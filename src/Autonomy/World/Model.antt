-- ===== src/Autonomy/World/Model.antt =====
-- app/autonomy/world_model.py: predictions of actions, their comparison with what was observed, and
-- the evidence of causes. An entry of the evidence holds the three texts of its key. A confidence
-- of evidence is a fraction, as numerator and denominator. `as_text` is `str`.
use brainless_agent.Common.{
  ℕ, nat_eq, ◌+◌, String, Bool, not, ◌&&◌, ◌==◌, none, some, List, [], ◌∷◌, if◌then◌else◌, is_empty,
  Exec, pure, throw, key_error,
}
use brainless_agent.Common.Dict.{Dict, get, put, pop, values}
use brainless_agent.Autonomy.World.{
  Values, WorldFact, WorldSnapshot, WorldState, snapshot, fact_values, clamp,
}

pub record Prediction (V : Type 0) : Type 0 where
  pub action_id : String
  pub before_version : ℕ
  pub expected : Dict V
  pub confidence : ℕ

pub record TransitionComparison (V : Type 0) : Type 0 where
  pub prediction : Prediction V
  pub observed_version : ℕ
  pub differences : Dict (V × V)
  pub invalidated : Bool

pub record CausalEvidence : Type 0 where
  pub action_type : String
  pub expected_effect : String
  pub observed_effect : String
  pub observations : ℕ
  pub supporting : ℕ

-- `CausalEvidence.confidence`
unfoldable pub confidence_of : CausalEvidence → ℕ × ℕ
confidence_of evidence =
    if nat_eq evidence.observations 0 then (0, 1) else (evidence.supporting, evidence.observations)

abbrev pub CausalModel : Type 0
CausalModel = List CausalEvidence

abbrev pub has_key : (action_type expected observed : String) → CausalEvidence → Bool
has_key action_type expected observed e =
    (e.action_type == action_type)
    && (e.expected_effect == expected)
    && (e.observed_effect == observed)

abbrev pub one_more : CausalEvidence → CausalEvidence
one_more e = record e {
  observations = e.observations + 1;
  supporting = if e.observed_effect == e.expected_effect then e.supporting + 1 else e.supporting;
}

abbrev pub first_evidence : (action_type expected observed : String) → CausalEvidence
first_evidence action_type expected observed = record {
  action_type = action_type;
  expected_effect = expected;
  observed_effect = observed;
  observations = 0;
  supporting = 0;
}

-- `CausalModel.observe`: `setdefault`, then the two counters.
unfoldable pub observe : (action_type expected observed : String) → CausalModel → CausalModel
observe action_type expected observed [] =
    one_more (first_evidence action_type expected observed) ∷ []
observe action_type expected observed (e ∷ rest) =
    if has_key action_type expected observed e
    then one_more e ∷ rest
    else e ∷ observe action_type expected observed rest

pub record WorldModel (V : Type 0) : Type 0 where
  pub state : WorldState V
  pub causal : CausalModel
  pub predictions : Dict (Prediction V)

-- `self.state.snapshot()`
unfoldable pub model_snapshot : {V : Type 0} → ℕ → WorldModel V → WorldSnapshot V × WorldModel V
unfolding snapshot
model_snapshot now model =
    let (shot, state) = snapshot now model.state in (shot, record model { state = state })

unfoldable pub predict :
    {V : Type 0} (now : ℕ) (action_id : String) (expected : Dict V) (confidence : ℕ)
    → WorldModel V
    → Prediction V × WorldModel V
unfolding model_snapshot
predict {V} now action_id expected confidence model =
    let (shot, model') = model_snapshot now model in
    let prediction : Prediction V = record {
      action_id = action_id;
      before_version = shot.version;
      expected = expected;
      confidence = clamp confidence;
    } in
    (prediction, record model' { predictions = put action_id prediction model'.predictions })

module _ {V : Type 0} (values : Values V) (as_text : V → String) where
  -- `observed.values().get(key)`
  abbrev pub value_at : Dict (WorldFact V) → String → V
  value_at facts key = elim (get key (fact_values facts)) [
    | none ↦ values.nothing
    | some value ↦ value
  ]

  -- The comprehension `differences` of `compare`
  unfoldable pub differences_from : Dict (WorldFact V) → Dict V → Dict (V × V)
  unfolding fact_values
  differences_from facts [] = []
  differences_from facts ((key, value) ∷ rest) =
      if values.same (value_at facts key) value
      then differences_from facts rest
      else (key, (value, value_at facts key)) ∷ differences_from facts rest

  -- The two loops of `compare` over the causal model
  unfoldable pub observe_differences : String → Dict (V × V) → CausalModel → CausalModel
  unfolding observe
  observe_differences action_id [] causal = causal
  observe_differences action_id ((key, (expected, actual)) ∷ rest) causal =
      observe_differences action_id rest
        (observe action_id (as_text expected) (as_text actual) causal)

  unfoldable pub observe_expected : String → Dict V → CausalModel → CausalModel
  unfolding observe
  observe_expected action_id [] causal = causal
  observe_expected action_id ((key, value) ∷ rest) causal =
      observe_expected action_id rest (observe action_id (as_text value) (as_text value) causal)

  abbrev pub learn : String → Dict V → Dict (V × V) → CausalModel → CausalModel
  learn action_id expected [] causal = observe_expected action_id expected causal
  learn action_id expected (d ∷ ds) causal = observe_differences action_id (d ∷ ds) causal

  unfoldable pub compare :
      (action_id : String) (observed : WorldSnapshot V)
      → Exec (WorldModel V) (TransitionComparison V)
  unfolding differences_from observe_differences observe_expected
  compare action_id observed model = elim (get action_id model.predictions) [
    | none ↦ throw (key_error action_id) model
    | some prediction ↦
        let differences = differences_from observed.facts prediction.expected in
        pure
          (record {
            prediction = prediction;
            observed_version = observed.version;
            differences = differences;
            invalidated = not (is_empty differences);
          })
          (record model {
            predictions = pop action_id model.predictions;
            causal = learn action_id prediction.expected differences model.causal;
          })
  ]

-- `simulated.update(expected)`
unfoldable pub update : {V : Type 0} → Dict V → Dict V → Dict V
update d [] = d
update d ((key, value) ∷ rest) = update (put key value d) rest

unfoldable pub simulate : {V : Type 0} → ℕ → Dict V → WorldModel V → Dict V × WorldModel V
unfolding model_snapshot update fact_values
simulate now expected model =
    let (shot, model') = model_snapshot now model in
    (update (fact_values shot.facts) expected, model')

-- What `export_state` lists of the evidence, with its confidence, beside the predictions.
unfoldable pub export_evidence : CausalModel → List (CausalEvidence × ℕ × ℕ)
unfolding confidence_of
export_evidence [] = []
export_evidence (e ∷ rest) =
    let (supporting, observations) = confidence_of e in
    (e, supporting, observations) ∷ export_evidence rest

unfoldable pub export_state :
    {V : Type 0} → WorldModel V → List (Prediction V) × List (CausalEvidence × ℕ × ℕ)
unfolding export_evidence
export_state model = (values model.predictions, export_evidence model.causal)
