-- ===== src/Autonomy/Locks.antt =====
-- app/autonomy/resources.py: locks on resources, taken in the order of their names. `locked` lists
-- the resources whose `asyncio.Lock` is held. A wait for a lock ends when it is free, so a call here
-- is one whose waits are over: it finds the lock free, or the time is up.
pub mod Cleanup
use brainless_agent.Common.{
  String, concat, Bool, true, false, Option, none, some, List, [], ◌∷◌, ◌==◌, if◌then◌else◌,
  contains, discard, sorted, to_set, Result, ok, raise, resource_busy,
}
use brainless_agent.Common.Dict.{Dict, get, put, pop, keys}

pub record Locks : Type 0 where
  pub locked : List String
  pub owners : Dict String

abbrev pub new_locks : Locks
new_locks = record { locked = []; owners = [] }

-- `self._owners.get(resource) == agent_id`
abbrev pub owned_by : String → Option String → Bool
owned_by agent_id none = false
owned_by agent_id (some owner) = owner == agent_id

-- The loop of `acquire`: the resources taken, newest first, also where it raises.
unfoldable pub take_all :
    (agent_id : String) (taken : List String)
    → List String
    → Locks
    → Result (Unit {0}) × List String × Locks
take_all agent_id taken [] locks = (ok tt, taken, locks)
take_all agent_id taken (resource ∷ rest) locks =
    if contains resource locks.locked
    then (raise (resource_busy (concat "Timed out waiting for resource " resource)), taken, locks)
    else take_all agent_id (resource ∷ taken) rest
        (record { locked = resource ∷ locks.locked; owners = put resource agent_id locks.owners })

-- The body of the loop in `finally`.
abbrev pub give_back : String → String → Locks → Locks
give_back agent_id resource locks = record {
  locked = if contains resource locks.locked then discard resource locks.locked else locks.locked;
  owners =
      if owned_by agent_id (get resource locks.owners)
      then pop resource locks.owners
      else locks.owners;
}

unfoldable pub release_all : String → List String → Locks → Locks
release_all agent_id [] locks = locks
release_all agent_id (resource ∷ rest) locks =
    release_all agent_id rest (give_back agent_id resource locks)

abbrev pub or_release :
    String → Result (Unit {0}) × List String × Locks → Result (List String) × Locks
or_release agent_id (ok u, taken, locks) = (ok taken, locks)
or_release agent_id (raise e, taken, locks) = (raise e, release_all agent_id taken locks)

-- `acquire` up to its `yield`; what it returns is the list that `finally` runs through.
unfoldable pub acquire :
    (agent_id : String) (resources : List String) → Locks → Result (List String) × Locks
unfolding take_all release_all
acquire agent_id resources locks =
    or_release agent_id (take_all agent_id [] (sorted (to_set resources)) locks)

-- The comprehension of `release_agent`
unfoldable pub owned : String → Dict String → List String
owned agent_id [] = []
owned agent_id ((resource, owner) ∷ rest) =
    if owner == agent_id then resource ∷ owned agent_id rest else owned agent_id rest

-- The loop of `release_agent`, which does not look at the owner again.
unfoldable pub free_all : List String → Locks → Locks
free_all [] locks = locks
free_all (resource ∷ rest) locks = free_all rest (record {
  locked = if contains resource locks.locked then discard resource locks.locked else locks.locked;
  owners = pop resource locks.owners;
})

unfoldable pub release_agent : String → Locks → List String × Locks
unfolding owned free_all
release_agent agent_id locks =
    let released = owned agent_id locks.owners in (released, free_all released locks)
· · ·
**TASK TO COMPLETE**
Would you print exactly and only the lines of the material above that run from the line with "none ↦ values.nothing" through the line with "-- The two loops", both included?

**OUTPUT**
    | none ↦ values.nothing
    | some value ↦ value
  ]

  -- The comprehension `differences` of `compare`
  unfoldable pub differences_from : Dict (WorldFact V) → Dict V → Dict (V × V)
  unfolding fact_values
  differences_from facts [] = []
  differences_from facts ((key, value) ∷ rest) =
      if values.same (value_at facts key) value
      then differences_from facts rest
      else (key, (value, value_at facts key)) ∷ differences_from facts rest

  -- The two loops of `compare` over the causal model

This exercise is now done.